Die von Ihnen erstellte Konfiguration kann unter diesem Link aufgerufen werden:
hardwareversand.de - Konfigurieren Sie Ihren Wunsch-PC

HV20XE72DE	Intel Xeon E5-1620 v3, 4x 3.50GHz, Sockel 2011-3, bx, ohne Lüfter	315,34 €
HV114G08DE	GigaByte GA-X99-UD4, Sockel 2011-3, ATX, DDR4	226,79 €
HV30SD32DE	Scythe Mugen 4, für alle Sockel geeignet	36,54 €
HV20C44KDE	16GB-Kit Crucial Ballistix Sport DDR4 2400 MT/s DIMM 288pin, 8GBx2	227,87 €
HV203FE5DE	FRACTAL DESIGN Define R5 Black, ATX, ohne Netzteil	104,90 €
HVR601SBDE	be quiet!

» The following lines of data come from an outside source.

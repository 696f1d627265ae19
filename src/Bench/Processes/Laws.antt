-- ===== src/Bench/Processes/Laws.antt =====
-- Launching names the process.
use project_veil.Prelude.{
  ℕ, zero, suc, ◌≡◌, refl, sym, true, ◌||◌, List, [], ◌∷◌, ◌++◌, Option, inl, inr, Text, arith,
  ◌==◌, Result-cases, subst,
}
use project_veil.Exec.Calls.{Call}
use project_veil.Exec.{Locals, Exec, pure, ◌>>=◌, ◌>>◌, continue, start, modify}
use project_veil.Exec.Held.{mem, mem-append}
use project_veil.Exec.Keeps.{Keeps, keeps_rules, Keeps-raise, Keeps-bind}
use project_veil.Exec.Finally.{all_of}
use project_veil.Bench.Processes.{
  spawn, stop, try_port, wait_round, wait_port_loop, wait_port, open_log, start_listed, launch,
  stop_all, add_log, add_proc,
}

-- The processes that the cleanup of a function with `procs` and `counters` ends.
abbrev pub listed : Locals → List ℕ
listed l = l.procs ++ all_of (λ c. c.process ∷ []) l.counters

module _ {own : Locals → List ℕ} {before : List ℕ} where
  pub Keeps-stop : (p : ℕ) → Keeps own before (stop p)
  unfolding stop
  Keeps-stop p = search (keeps_rules) depth 30

  pub Keeps-try_port : (host : Text) (port ms : ℕ) → Keeps own before (try_port host port ms)
  unfolding try_port
  Keeps-try_port host port ms = search (keeps_rules) depth 30

  Keeps-wait_round :
      (host : Text) (port ms p : ℕ) (rest : Exec (Unit {0}))
      → Keeps own before rest
      → Keeps own before (wait_round host port ms p rest)
  unfolding wait_round
  Keeps-wait_round host port ms p rest k = search (keeps_rules, Keeps-try_port) depth 30

  pub Keeps-wait_port_loop :
      (rounds : ℕ) (host : Text) (port ms p : ℕ)
      → Keeps own before (wait_port_loop rounds host port ms p)
  unfolding wait_port_loop
  Keeps-wait_port_loop zero host port ms p = Keeps-raise _
  Keeps-wait_port_loop (suc rounds) host port ms p =
      Keeps-wait_round host port ms p _ (Keeps-wait_port_loop rounds host port ms p)

  pub Keeps-wait_port : (port p : ℕ) → Keeps own before (wait_port port p)
  unfolding wait_port
  Keeps-wait_port port p = Keeps-wait_port_loop 300 _ port 50 p

  pub Keeps-stop_all : (procs : List ℕ) → Keeps own before (stop_all procs)
  unfolding stop_all
  Keeps-stop_all procs = search (keeps_rules, Keeps-stop) depth 10

-- Changes of the variables that keep the names of the processes.
pub Keeps-modify :
    (own : Locals → List ℕ) (before : List ℕ) (f : Locals → Locals)
    → ((l : Locals) → own (f l) ≡ own l)
    → Keeps own before (modify f)
unfolding modify
Keeps-modify own before f same = record {
  at = λ s c. record {
    docile = c.docile;
    covered = λ h m.
        subst (λ ks. (mem h before || mem h ks) ≡ true) (sym (same s.locals)) (c.covered h m);
  };
}

-- A process that is started and then named is covered; `own` grows by it.
pub Keeps-start-modify :
    {A : Type 0} (own : Locals → List ℕ) (before : List ℕ) (c : Call (Unit {0}))
    (f : ℕ → Locals → Locals) (a : ℕ → A)
    → ((p h : ℕ) (l : Locals) → mem h (own (f p l)) ≡ (mem h (own l) || h == p))
    → Keeps own before (start c >>= λ p. modify (f p) >> pure (a p))
unfolding start modify ◌>>=◌ pure mem
Keeps-start-modify own before c f a grows = record {
  at = λ s k. elim (Result-cases (s.system.answer s.history c)) [
    | inl (u, e) ↦
        rw (e, continue, start)
          (record {
            docile = k.docile;
            covered = λ h m. ground (arith, grows s.next h s.locals, k.covered h, m);
          })
    | inr (x, e) ↦ rw (e, continue, start) (record { docile = k.docile; covered = k.covered })
  ];
}

pub listed-add_proc :
    (p h : ℕ) (l : Locals) → mem h (listed (add_proc p l)) ≡ (mem h (listed l) || h == p)
unfolding mem
listed-add_proc p h l =
    let counted = all_of (λ c. c.process ∷ []) l.counters in
    ground (
      arith,
      mem-append h (l.procs ++ p ∷ []) counted,
      mem-append h l.procs (p ∷ []),
      mem-append h l.procs counted,
    )

module _ {before : List ℕ} where
  pub Keeps-open_log : (folder : Text) → Keeps listed before (open_log folder)
  unfolding open_log
  Keeps-open_log folder =
      search (keeps_rules, λ (log : ℕ). Keeps-modify listed before (add_log log) (λ l. refl)) depth
        20

  pub Keeps-start_listed :
      (cmd : List Text) (cores : Option Text) (procs : ℕ)
      → Keeps listed before (start_listed cmd cores procs)
  unfolding start_listed
  Keeps-start_listed cmd cores procs =
      Keeps-start-modify listed before (spawn cmd cores procs) add_proc (λ p. p) listed-add_proc

  pub Keeps-launch :
      (folder : Text) (cmd : List Text) (cores : Option Text) (procs : ℕ)
      → Keeps listed before (launch folder cmd cores procs)
  unfolding launch
  Keeps-launch folder cmd cores procs =
      Keeps-bind (open_log folder) _ (Keeps-open_log folder)
        (λ _. Keeps-start_listed cmd cores procs)
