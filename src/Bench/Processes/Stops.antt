-- ===== src/Bench/Processes/Stops.antt =====
-- Stopping ends the process.
use project_veil.Prelude.{
  ℕ, ◌≡◌, ◌≢◌, refl, sym, ap, ◌∙◌, true, false, List, [], ◌∷◌, ◌++◌, Option, none, some, inl, inr,
  Error, Result, ok, err, arith, Result-cases, subst,
}
use mathlib.Core.List.{reverse, reverse-cons}
use project_veil.Exec.Calls.{Call, Made, made, poll, terminate, kill, wait, close}
use project_veil.Exec.{
  State, Exec, pure, ◌>>=◌, ◌>>◌, continue, ask, without, wait_for, poll_of, try_except,
  try_except_ok, try_except_caught, for_each, when_none,
}
use project_veil.Exec.Held.{mem, mem-append, mem-without}
use project_veil.Exec.Keeps.{is_ok, is_timeout, Docile}
use project_veil.Exec.Finally.{Ended, Releases, Releases-for_each, Releases-ask, all_of}
use project_veil.Bench.Processes.{stop, stop_all, close_all}

-- One process has ended, by what the system answered.
Ended-without :
    (s : State) (p : ℕ) (t : List Made)
    → Docile s.system
    → Ended (p ∷ []) s (record s { held = without p s.held; history = t })
unfolding mem
Ended-without s p t d = record {
  docile = d;
  locals = refl;
  fewer = λ h m. ground (arith, mem-without h p s.held, m);
  gone = λ h m. ground (arith, mem-without h p s.held, m);
}

not-err : {A : Type 0} {r : Result A} {e : Error} → is_ok r ≡ true → r ≢ err e
not-err h k = let h' = rw k at h in cc

Ended-from :
    (ps : List ℕ) (s s' : State) (t : List Made)
    → Ended ps (record s { history = t }) s'
    → Ended ps s s'
Ended-from ps s s' t b = record {
  docile = b.docile;
  locals = b.locals;
  fewer = b.fewer;
  gone = b.gone;
}

wait_returns :
    (p : ℕ) (timeout : Option ℕ) (s : State)
    → is_ok (s.system.answer s.history (wait p timeout)) ≡ true
    → ((wait_for p timeout >>= λ _. pure tt) s).0 ≡ ok tt
unfolding wait_for ◌>>=◌ pure
wait_returns p timeout s fine = elim (Result-cases (s.system.answer s.history (wait p timeout))) [
  | inl (code, e) ↦ rw (e, continue, wait_for) refl
  | inr (x, e) ↦ absurd (not-err fine e)
]

wait_ends :
    (p : ℕ) (timeout : Option ℕ) (s : State)
    → Docile s.system
    → is_ok (s.system.answer s.history (wait p timeout)) ≡ true
    → Ended (p ∷ []) s ((wait_for p timeout >>= λ _. pure tt) s).1
unfolding wait_for ◌>>=◌ pure
wait_ends p timeout s d fine = elim (Result-cases (s.system.answer s.history (wait p timeout))) [
  | inl (code, e) ↦ rw (e, continue, wait_for) (Ended-without s p _ d)
  | inr (x, e) ↦ absurd (not-err fine e)
]

-- The state behind a call that starts and ends no process.
abbrev pub after : {A : Type 0} → Call A → State → State
after c s = record s { history = s.history ++ made c ∷ [] }

-- Waiting for a process right after a call, where that wait is known to return.
pub Releases-wait_after :
    {A : Type 0} (c : Call A) (m : Exec (Unit {0})) (p : ℕ) (timeout : Option ℕ)
    → ((s : State) → Docile s.system → m s ≡ (ok tt, after c s))
    → ((s : State)
        → Docile s.system
        → is_ok (s.system.answer (s.history ++ made c ∷ []) (wait p timeout)) ≡ true)
    → Releases (p ∷ []) (m >> (wait_for p timeout >>= λ _. pure tt))
unfolding ◌>>=◌
Releases-wait_after c m p timeout asks fine = record {
  returns = λ s d. rw (asks s d, continue) (wait_returns p timeout (after c s) (fine s d));
  ends = λ s d.
      rw (asks s d, continue)
        (Ended-from (p ∷ []) s _ _ (wait_ends p timeout (after c s) d (fine s d)));
}

pub ask-after :
    (c : Call (Unit {0})) (s : State)
    → is_ok (s.system.answer s.history c) ≡ true
    → ask c s ≡ (ok tt, after c s)
unfolding ask
ask-after c s fine = elim (Result-cases (s.system.answer s.history c)) [
  | inl (tt, e) ↦ ap (λ r. (r, after c s)) e
  | inr (x, e) ↦ absurd (not-err fine e)
]

Releases-kill : (p : ℕ) → Releases (p ∷ []) (ask (kill p) >> (wait_for p none >>= λ _. pure tt))
Releases-kill p =
    Releases-wait_after (kill p) (ask (kill p)) p none
      (λ s d. ask-after (kill p) s (d.killed s.history p)) (λ s d. d.ended s.history p)

in_time : ℕ → Exec (Unit {0})
in_time p = wait_for p (some 5) >>= λ _. pure tt

in_time_ok :
    (p : ℕ) (s : State) {code : ℕ}
    → s.system.answer s.history (wait p (some 5)) ≡ ok code
    → in_time p s ≡ (
      ok tt,
      record s { held = without p s.held; history = s.history ++ made (wait p (some 5)) ∷ [] },
    )
unfolding in_time ◌>>=◌ wait_for pure
in_time_ok p s e = rw (e, continue, wait_for) refl

in_time_err :
    (p : ℕ) (s : State) {x : Error}
    → s.system.answer s.history (wait p (some 5)) ≡ err x
    → in_time p s ≡ (err x, record s { history = s.history ++ made (wait p (some 5)) ∷ [] })
unfolding in_time ◌>>=◌ wait_for pure
in_time_err p s e = rw (e, continue, wait_for) refl

killing : ℕ → Exec (Unit {0})
killing p = ask (kill p) >> (wait_for p none >>= λ _. pure tt)

patience : ℕ → Exec (Unit {0})
unfolding in_time killing
patience p = try_except (in_time p) is_timeout (λ _. killing p)

patience_ok :
    (p : ℕ) (s : State) {code : ℕ}
    → s.system.answer s.history (wait p (some 5)) ≡ ok code
    → patience p s ≡ (
      ok tt,
      record s { held = without p s.held; history = s.history ++ made (wait p (some 5)) ∷ [] },
    )
unfolding patience
patience_ok p s e = try_except_ok (in_time p) is_timeout (λ _. killing p) s _ (in_time_ok p s e)

patience_late :
    (p : ℕ) (s : State) {x : Error}
    → s.system.answer s.history (wait p (some 5)) ≡ err x
    → is_timeout x ≡ true
    → patience p s ≡ killing p (record s { history = s.history ++ made (wait p (some 5)) ∷ [] })
unfolding patience
patience_late p s e late =
    try_except_caught (in_time p) is_timeout (λ _. killing p) s _ (in_time_err p s e) late

Releases-patience : (p : ℕ) → Releases (p ∷ []) (patience p)
unfolding killing
Releases-patience p = record {
  returns = λ s d. elim (Result-cases (s.system.answer s.history (wait p (some 5)))) [
    | inl (code, e) ↦ ap (λ o. o.0) (patience_ok p s e)
    | inr (x, e) ↦
        ap (λ o. o.0) (patience_late p s e (d.waited s.history p 5 x e))
        ∙ (Releases-kill p).returns _ d
  ];
  ends = λ s d. elim (Result-cases (s.system.answer s.history (wait p (some 5)))) [
    | inl (code, e) ↦
        subst (λ o. Ended (p ∷ []) s o.1) (sym (patience_ok p s e)) (Ended-without s p _ d)
    | inr (x, e) ↦
        subst (λ o. Ended (p ∷ []) s o.1) (sym (patience_late p s e (d.waited s.history p 5 x e)))
          (Ended-from (p ∷ []) s _ _ ((Releases-kill p).ends _ d))
  ];
}

Releases-running :
    (p : ℕ)
    → Releases (p ∷ []) (
        ask (terminate p)
        >> try_except
            (wait_for p (some 5) >>= λ _. pure tt)
            is_timeout
            (λ _. ask (kill p) >> (wait_for p none >>= λ _. pure tt)))
unfolding in_time killing patience
Releases-running p =
    Releases-ask (terminate p) _ (λ s d. d.terminated s.history p) (p ∷ [])
      (λ _. Releases-patience p)

-- `if p.poll() is None: m`, where `m` ends the process
pub Releases-poll :
    (p : ℕ) (m : Exec (Unit {0}))
    → Releases (p ∷ []) m
    → Releases (p ∷ []) (poll_of p >>= λ code. when_none code m (pure tt))
unfolding poll_of when_none ◌>>=◌ pure
Releases-poll p m r = record {
  returns = λ s d. elim (Result-cases (s.system.answer s.history (poll p))) [
    | inl (some code, e) ↦ rw (e, continue, poll_of, when_none) refl
    | inl (none, e) ↦ rw (e, continue, poll_of, when_none) (r.returns _ d)
    | inr (x, e) ↦ absurd (not-err (d.polled s.history p) e)
  ];
  ends = λ s d. elim (Result-cases (s.system.answer s.history (poll p))) [
    | inl (some code, e) ↦ rw (e, continue, poll_of, when_none) (Ended-without s p _ d)
    | inl (none, e) ↦ rw (e, continue, poll_of, when_none) (Ended-from (p ∷ []) s _ _ (r.ends _ d))
    | inr (x, e) ↦ absurd (not-err (d.polled s.history p) e)
  ];
}

-- Stopping ends the process: by itself, within five seconds, or killed.
pub Releases-stop : (p : ℕ) → Releases (p ∷ []) (stop p)
unfolding stop
Releases-stop p = Releases-poll p _ (Releases-running p)

mem-reverse : (h : ℕ) (ps : List ℕ) → mem h (reverse ps) ≡ mem h ps
unfolding mem
mem-reverse h [] = refl
mem-reverse h (p ∷ ps) =
    ap (mem h) (reverse-cons p ps)
    ∙ ground (arith, mem-append h (reverse ps) (p ∷ []), mem-reverse h ps)

all_of-each : (ps : List ℕ) → all_of (λ p. p ∷ []) ps ≡ ps
all_of-each [] = refl
all_of-each (p ∷ ps) = ap (λ t. p ∷ t) (all_of-each ps)

-- The same processes, in another order.
pub Releases-same :
    (ps qs : List ℕ) (m : Exec (Unit {0}))
    → ((h : ℕ) → mem h ps ≡ mem h qs)
    → Releases ps m
    → Releases qs m
Releases-same ps qs m same r = record {
  returns = r.returns;
  ends = λ s d.
      let e = r.ends s d in
      record {
        docile = e.docile;
        locals = e.locals;
        fewer = e.fewer;
        gone = λ h k. sym (same h) ∙ e.gone h k;
      };
}

-- Every listed process ends.
pub Releases-stop_all : (procs : List ℕ) → Releases procs (stop_all procs)
unfolding stop_all
Releases-stop_all procs =
    Releases-same (all_of (λ p. p ∷ []) (reverse procs)) procs (for_each (reverse procs) stop)
      (λ h. ap (mem h) (all_of-each (reverse procs)) ∙ mem-reverse h procs)
      (Releases-for_each (λ p. p ∷ []) stop (reverse procs) Releases-stop)

-- A call that ends no process and is known to return.
pub Releases-call :
    (c : Call (Unit {0}))
    → ((s : State) → Docile s.system → is_ok (s.system.answer s.history c) ≡ true)
    → Releases [] (ask c)
unfolding ask mem
Releases-call c fine = record {
  returns = λ s d. elim (Result-cases (s.system.answer s.history c)) [
    | inl (tt, e) ↦ e
    | inr (x, e) ↦ absurd (not-err (fine s d) e)
  ];
  ends = λ s d. record { docile = d; locals = refl; fewer = λ h m. m; gone = λ h m. refl };
}

none_of : (logs : List ℕ) → all_of (λ (log : ℕ). []) logs ≡ []
none_of [] = refl
none_of (log ∷ logs) = none_of logs

-- The same call for each handle.
pub Releases-each :
    (c : ℕ → Call (Unit {0})) (hs : List ℕ)
    → ((h : ℕ) (s : State) → Docile s.system → is_ok (s.system.answer s.history (c h)) ≡ true)
    → Releases [] (for_each hs (λ h. ask (c h)))
Releases-each c hs fine =
    subst (λ ps. Releases ps (for_each hs (λ h. ask (c h)))) (none_of hs)
      (Releases-for_each (λ h. []) (λ h. ask (c h)) hs (λ h. Releases-call (c h) (fine h)))

pub Releases-close_all : (logs : List ℕ) → Releases [] (close_all logs)
unfolding close_all
Releases-close_all logs = Releases-each close logs (λ log s d. d.closed s.history log)

mem_one : (p : ℕ) → mem p (p ∷ []) ≡ true
unfolding mem
mem_one p = ground arith

-- On a system where children can be polled and signalled, where a wait with a limit raises nothing but
-- its timeout, and where a wait right after a kill returns: stopping a process returns, and then the
-- process has ended, and no other process has been started.
pub stop_ends :
    (p : ℕ) (s : State)
    → Docile s.system
    → ((stop p s).0 ≡ ok tt)
      × (mem p (stop p s).1.held ≡ false)
      × ((h : ℕ) → mem h (stop p s).1.held ≡ true → mem h s.held ≡ true)
stop_ends p s d =
    let r = Releases-stop p in
    let e = r.ends s d in (r.returns s d, ground (arith, e.gone p, mem_one p), e.fewer)
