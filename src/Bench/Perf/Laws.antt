-- ===== src/Bench/Perf/Laws.antt =====
-- The process of `perf` is named as soon as it runs, and closing ends it.
use project_veil.Prelude.{
  ℕ, ◌≡◌, refl, sym, ap, ◌∙◌, ◌||◌, List, [], ◌∷◌, ◌++◌, none, some, Text, arith, ◌==◌,
  append_assoc,
}
use project_veil.Exec.Calls.{popen, run_checked, close, unlink}
use project_veil.Exec.{
  Perf, Locals, State, pure, raise, gets, ◌>>=◌, continue, ask, modify, for_each,
}
use project_veil.Exec.Held.{mem, mem-append}
use project_veil.Exec.Keeps.{Covers, Keeps, keeps_rules, interrupt_command}
use project_veil.Exec.Finally.{Releases, Releases-ask, Releases-then, Releases-for_each, all_of}
use project_veil.Bench.Processes.Laws.{listed, Keeps-start-modify}
use project_veil.Bench.Processes.Stops.{
  Releases-wait_after, ask-after, Releases-poll, Releases-call,
}
use project_veil.Bench.Perf.{
  Numbers, line, perf_of, add_counter, set_counters, close_head, close_first, perf_command,
  add_perf, interrupt, command, close_perf, values,
}

module _ {own : Locals → List ℕ} {before : List ℕ} where
  pub Keeps-line : (p seconds : ℕ) → Keeps own before (line p seconds)
  unfolding line
  Keeps-line p seconds = search (keeps_rules) depth 20

  pub Keeps-command : (c : Perf) (s : Text) → Keeps own before (command c s)
  unfolding command
  Keeps-command c s = search (keeps_rules) depth 20

  pub Keeps-interrupt : (p : ℕ) → Keeps own before (interrupt p)
  unfolding interrupt
  Keeps-interrupt p = search (keeps_rules) depth 20

  pub Keeps-close_perf : (c : Perf) → Keeps own before (close_perf c)
  unfolding close_perf
  Keeps-close_perf c = search (keeps_rules, Keeps-interrupt) depth 30

  pub Keeps-values : (nums : Numbers) (c : Perf) → Keeps own before (values nums c)
  unfolding values
  Keeps-values nums c = search (keeps_rules) depth 20

all_of-append :
    (f : Perf → List ℕ) (cs ds : List Perf) → all_of f (cs ++ ds) ≡ all_of f cs ++ all_of f ds
all_of-append f [] ds = refl
all_of-append f (c ∷ cs) ds =
    ap (λ t. f c ++ t) (all_of-append f cs ds)
    ∙ sym (append_assoc (f c) (all_of f cs) (all_of f ds))

listed-add_counter :
    (c : Perf) (h : ℕ) (l : Locals)
    → mem h (listed (add_counter c l)) ≡ (mem h (listed l) || h == c.process)
unfolding mem
listed-add_counter c h l =
    let counted = all_of (λ c. c.process ∷ []) l.counters in
    ap (λ t. mem h (l.procs ++ t)) (all_of-append (λ c. c.process ∷ []) l.counters (c ∷ []))
    ∙ ground (
      arith,
      mem-append h l.procs (counted ++ c.process ∷ []),
      mem-append h counted (c.process ∷ []),
      mem-append h l.procs counted,
    )

module _ {before : List ℕ} where
  pub Keeps-add_perf : (pid : ℕ) (folder : Text) → Keeps listed before (add_perf pid folder)
  unfolding add_perf
  Keeps-add_perf pid folder =
      search
        (
          keeps_rules,
          λ (cf af log : ℕ).
              Keeps-start-modify listed before (popen (perf_command folder pid) none)
                (λ p. add_counter (perf_of folder cf af log p)) (λ p. perf_of folder cf af log p)
                (λ p h l. listed-add_counter (perf_of folder cf af log p) h l),
        )
        depth 30

Releases-interrupt : (p : ℕ) → Releases (p ∷ []) (interrupt p)
unfolding interrupt
Releases-interrupt p =
    Releases-wait_after (run_checked (interrupt_command p))
      (ask (run_checked (interrupt_command p))) p (some 10)
      (λ s d. ask-after (run_checked _) s (d.ran s.history _)) (λ s d. d.interrupted s.history p)

-- Closing a counter ends its process.
pub Releases-close_perf : (c : Perf) → Releases (c.process ∷ []) (close_perf c)
unfolding close_perf
Releases-close_perf c =
    Releases-then (c.process ∷ []) [] _ _ (Releases-poll c.process _ (Releases-interrupt c.process))
      (Releases-ask (close c.cf) _ (λ s d. d.closed s.history c.cf) []
        (λ _.
          Releases-ask (close c.af) _ (λ s d. d.closed s.history c.af) []
            (λ _.
              Releases-ask (unlink c.ctl) _ (λ s d. d.unlinked s.history c.ctl) []
                (λ _.
                  Releases-ask (unlink c.ack) _ (λ s d. d.unlinked s.history c.ack) []
                    (λ _. Releases-call (close c.log) (λ s d. d.closed s.history c.log))))))

pub Releases-close_counters :
    (cs : List Perf) → Releases (all_of (λ c. c.process ∷ []) cs) (for_each cs close_perf)
Releases-close_counters cs =
    Releases-for_each (λ c. c.process ∷ []) close_perf cs Releases-close_perf

module _ {before : List ℕ} where
  -- A counter is dropped from the list and closed: its process has ended.
  Keeps-close_head :
      (c : Perf) (cs : List Perf) (s : State)
      → s.locals.counters ≡ c ∷ cs
      → Covers listed before s
      → Covers listed before (close_head (c ∷ cs) s).1
  unfolding close_head ◌>>=◌ modify pure mem
  Keeps-close_head c cs s e k =
      let t : State = record s { locals = set_counters cs s.locals } in
      let r = Releases-close_perf c in
      let fin = r.ends t k.docile in
      rw (r.returns t k.docile, continue)
        (record {
          docile = fin.docile;
          covered = λ h m.
              let was = k.covered h (fin.fewer h m) in
              let here = ap (λ x. mem h (s.locals.procs ++ all_of (λ c. c.process ∷ []) x)) e in
              let now = ap (λ l. mem h (listed l)) fin.locals in
              ground (
                arith,
                was,
                here,
                now,
                fin.gone h m,
                mem-append h s.locals.procs (c.process ∷ all_of (λ c. c.process ∷ []) cs),
                mem-append h s.locals.procs (all_of (λ c. c.process ∷ []) cs),
              );
        })

  Keeps-close_first_at :
      (cs : List Perf) (s : State)
      → s.locals.counters ≡ cs
      → Covers listed before s
      → Covers listed before (close_head cs s).1
  unfolding close_head raise
  Keeps-close_first_at [] s e k = k
  Keeps-close_first_at (c ∷ cs) s e k = Keeps-close_head c cs s e k

  pub Keeps-close_first : Keeps listed before close_first
  unfolding close_first gets ◌>>=◌
  Keeps-close_first = record { at = λ s k. Keeps-close_first_at s.locals.counters s refl k }
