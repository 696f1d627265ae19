-- ===== src/Bench/Peers/Laws.antt =====
-- The shared helpers start no process.
use project_veil.Prelude.{ℕ, List, Text, Result}
use project_veil.Exec.{Locals}
use project_veil.Exec.Keeps.{Keeps, keeps_rules}
use project_veil.Bench.Json.{Json}
use project_veil.Bench.Configurations.{Fixture}
use project_veil.Bench.Perf.{Numbers}
use project_veil.Bench.Perf.Laws.{
  Keeps-line, Keeps-command, Keeps-close_perf, Keeps-values, Keeps-add_perf, Keeps-close_first,
}
use project_veil.Bench.Processes.Laws.{
  Keeps-stop, Keeps-wait_port, Keeps-launch, Keeps-open_log, Keeps-start_listed,
}
use project_veil.Bench.Peers.{configure, edit_json, rss, cpu, read_stats}

module _ {own : Locals → List ℕ} {before : List ℕ} where
  pub Keeps-configure :
      (root : Text) (f : Fixture) (variant : Text) (sp cp cover : ℕ)
      → Keeps own before (configure root f variant sp cp cover)
  unfolding configure
  Keeps-configure root f variant sp cp cover = search (keeps_rules) depth 30

  pub Keeps-edit_json :
      (path : Text) (change : Json → Result Json) → Keeps own before (edit_json path change)
  unfolding edit_json
  Keeps-edit_json path change = search (keeps_rules) depth 30

  pub Keeps-rss : (pid : ℕ) → Keeps own before (rss pid)
  unfolding rss
  Keeps-rss pid = search (keeps_rules) depth 30

  pub Keeps-cpu : (nums : Numbers) (pid : ℕ) → Keeps own before (cpu nums pid)
  unfolding cpu
  Keeps-cpu nums pid = search (keeps_rules) depth 40

  pub Keeps-read_stats : (path message : Text) → Keeps own before (read_stats path message)
  unfolding read_stats
  Keeps-read_stats path message = search (keeps_rules) depth 30

pub ruleset trial_rules = (
  keeps_rules, Keeps-line, Keeps-command, Keeps-close_perf, Keeps-values, Keeps-add_perf,
  Keeps-stop, Keeps-wait_port, Keeps-launch, Keeps-open_log, Keeps-start_listed, Keeps-configure,
  Keeps-edit_json, Keeps-rss, Keeps-cpu, Keeps-read_stats, Keeps-close_first,
)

SYSTEM POWER 7 600W - bulk -	76,31 €
HV1034UODE	ASUS R9290-DC2OC-4GD5 DirectCU II OC mit MANTLE und Gaming Evolved Client, 2x DVI,HDMI, DisplayPort	287,03 €
HV13SB71DE	Seagate Barracuda 7200 1000GB, SATA 6Gb/s	55,11 €
HV12Z742DE	Crucial MX100 SSD 512GB (2,5", 7mm)	182,99 €
HV207GB4DE	LG GH24NS bare schwarz	12,66 €
HVZPCDE	Rechner - Zusammenbau	29,99 €


Gesamtpreis: 1.555,53 €


Alle Preise sind Versandpreise


Du sagst also die 300 Euro mehr sind DDR-4 und ein X99 Board nicht wert?


Dann muss ich wohl nochmal in mich gehen und eine, zwei Nächte drüber schlafen,
hast bestimmt recht,...

Grüße


----------



## Herbboy (16. Februar 2015)

Man kann leider nicht genau testen, was DDR4 wirklich bringt, weil es keine Boards gibt, die DDR3 und 4 nutzen können, um es zu vergleichen. Aber bei DDR2 vs 3 war es fast kein Zugewinn an Leistung, und DDR4 ist zwar von den MB/s schneller, aber dafür ist die Reaktionszeit langsamer - genau wie auch innerhalb von DDR3, wenn du da zB DDR3-1333 mit DDR3-2400 vergleichst.  und so oder so ist RAM schon dermaßen schnell, dass die CPUs den Unterschied zu NOCH schnellerem RAM gar nicht nutzen können. Daher also nicht denken, dass ne CPU 20% schneller wäre oder so, nur weil DDR4 statt DDR3-RAM benutz wird. 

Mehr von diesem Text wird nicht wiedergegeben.